Comme pour beaucoup d’artistes, un certain Cézanne fit grande impression chez le jeune Mondrian. En 1911, le Stedelijk Museum d’Amsterdam organise la première exposition du Cercle d’art moderne, c’est là que Mondrian découvre la peinture de Cézanne et le cubisme de Braque et de Picasso. C’est cette découverte qui va faire basculer sa peinture vers l’abstraction. Mondrian s’installe à Paris et commence sa quête d’universalité. Il abandonne la représentation et neutralise le rapport figure/fond. Il embrasse ainsi le néoplasticisme. Le néoplasticisme c’est l’absence totale de figure, de sujet, de thème, c’est la part belle au rythme, aux lignes, aux angles droits et aux couleurs réduits a minima, le cyan, le magenta et le jaune. Mondrian déconstruit aussi le tableau, il le fait pivoter à 45° degrés et le pose sur la pointe.
 
Et pourtant, devant une toile de Mondrian l’expérience sensible originelle de la peinture reste intacte. Une toile de Mondrian n’est ni bavarde ni tape-à-l’oeil, elle flirte avec l’essentiel. Elle propose une nouvelle perception sensorielle et ordination du monde. Et même si la tâche est ambitieuse, elle réussit. On constate que l’orthogonalité reste la forme simple et minimale permettant la meilleure réciprocité entre la couleur, le rythme et la forme. C’est simple. C’est essentiel.
 
Dès 1917, la revue De Stijl se donne pour but de synthétiser ces théories. Theo Van Doesburg son directeur s’y emploie et propose de rendre compte de cette nouvelle vision. Le monde est signe, symbole, géométrie et il est aussi la projection d’une vision intérieure. Les peintres projettent leur vision intérieure du monde. Les architectes la construisent. Naturellement, l’architecture privée et l’espace public sont explorés. Une nouvelle ordination du monde demande de nouvelles façons de l’habiter.
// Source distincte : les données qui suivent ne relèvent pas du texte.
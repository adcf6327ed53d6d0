-- ===== src/Setup/Kept.antt =====
-- src/setup.rs: what a setup keeps of the configuration that is there.
use wakezilla.Prelude.{
  Result, ok, err, ℕ, String, ◌≡◌, refl, sym, ap, ◌∙◌, true, Option, none, some, if◌then◌else◌,
  str_eq,
}
use wakezilla.ShutdownAuth.{Crypto, KeyError, validate_key}
use wakezilla.Config.{
  default_machines_db_path, default_access_history_path, SecurityConfig, Config, ServerConfig,
  data_path,
}
use wakezilla.Service.{Mode, proxy, client}
use wakezilla.Setup.Apply.{
  SetupError, Host, with_port, with_storage, absolute, absolute_storage, existing_config,
  accept_key, with_key, with_absolute_storage, planned_config,
}

-- The key of a client is replaced by the one that is given.
unfoldable pub kept_security : Mode → Option String → SecurityConfig → SecurityConfig
kept_security client (some key) old = record { client_shutdown_key = some key }
kept_security client none old = old
kept_security proxy key old = old

accept_key-keeps :
    (key : String) (cfg made : Config) (r : Result (Unit {0}) KeyError)
    → accept_key key cfg r ≡ ok made
    → made ≡ record cfg { security = record { client_shutdown_key = some key } }
unfolding accept_key
accept_key-keeps key cfg made (ok valid) h = sym (cc)
accept_key-keeps key cfg made (err e) h = cc

with_key-keeps :
    (crypto : Crypto) (mode : Mode) (key : Option String) (cfg made : Config)
    → with_key crypto mode key cfg ≡ ok made
    → made ≡ record cfg { security = kept_security mode key cfg.security }
unfolding with_key kept_security
with_key-keeps crypto client (some key) cfg made h =
    accept_key-keeps key cfg made (validate_key crypto key) h
with_key-keeps crypto client none cfg made h = sym (cc)
with_key-keeps crypto proxy key cfg made h = sym (cc)

existing_config-loaded :
    (host : Host) (mode : Mode) (port : ℕ) (old : Config)
    → host.path_exists ≡ true
    → host.load_from ≡ some old
    → existing_config host mode port ≡ old
unfolding existing_config
existing_config-loaded host mode port old exists loaded = simp (exists, loaded)

with_absolute_storage-ok :
    (r : Result Config SetupError) (made : Config)
    → with_absolute_storage r ≡ ok made
    → (cfg : Config) × (r ≡ ok cfg) × (made ≡ absolute_storage cfg)
unfolding with_absolute_storage
with_absolute_storage-ok (ok cfg) made h = (cfg, refl, sym (cc))
with_absolute_storage-ok (err e) made h = cc

-- The port of a proxy is its server's, and that of a client its client's.
unfoldable pub kept_server : Mode → ℕ → ServerConfig → ServerConfig
kept_server proxy port old = record old { proxy_port = port }
kept_server client port old = record old { client_port = port }

-- A path of storage other than the default one is kept.
abbrev pub kept_path : (path default : String) → String
kept_path path default = if str_eq path default then data_path default else path

-- The configuration that a setup makes of the one that it loads.
abbrev pub kept_config : Mode → ℕ → Option String → Config → Config
kept_config mode port key old = record old {
  server = kept_server mode port old.server;
  storage = record (old.storage) {
    machines_db_path = kept_path old.storage.machines_db_path default_machines_db_path;
    access_history_path = kept_path old.storage.access_history_path default_access_history_path;
  };
  security = kept_security mode key old.security;
}

absolute_storage-kept :
    (mode : Mode) (port : ℕ) (key : Option String) (old : Config)
    → absolute_storage (record (with_port mode port old) {
      security = kept_security mode key (with_port mode port old).security;
    })
      ≡ kept_config mode port key old
unfolding absolute_storage with_storage with_port kept_security kept_server absolute
absolute_storage-kept proxy port key old = refl
absolute_storage-kept client port none old = refl
absolute_storage-kept client port (some key) old = refl

-- A setup over a configuration that it loads keeps all of it but the port of its mode, the key that a
-- client is given, and default paths of storage, which become absolute.
pub planned_config-keeps :
    (host : Host) (mode : Mode) (port : ℕ) (key : Option String) (old made : Config)
    → host.path_exists ≡ true
    → host.load_from ≡ some old
    → planned_config host mode port key ≡ ok made
    → made ≡ kept_config mode port key old
unfolding planned_config
planned_config-keeps host mode port key old made exists loaded h =
    let (cfg, keyed, same) = with_absolute_storage-ok _ made h in
    let base : with_port mode port (existing_config host mode port) ≡ with_port mode port old =
      ap (with_port mode port) (existing_config-loaded host mode port old exists loaded) in
    let kept = with_key-keeps host.crypto mode key _ cfg keyed in
    same
    ∙ ap absolute_storage kept
    ∙ ap
        (λ (c : Config).
          absolute_storage (record c { security = kept_security mode key c.security }))
        base
    ∙ absolute_storage-kept mode port key old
Et c’est là aussi la force du mouvement qui devient fondateur pour la modernité, sa vision universelle s’accompagne d’une vision communautaire. Socialistes, les architectes de De Stijl vont être à l’origine de l’architecture moderne, des mégastructures et de l’urbanisme.
 
Ce que l’on expérimente, c’est l’autonomie.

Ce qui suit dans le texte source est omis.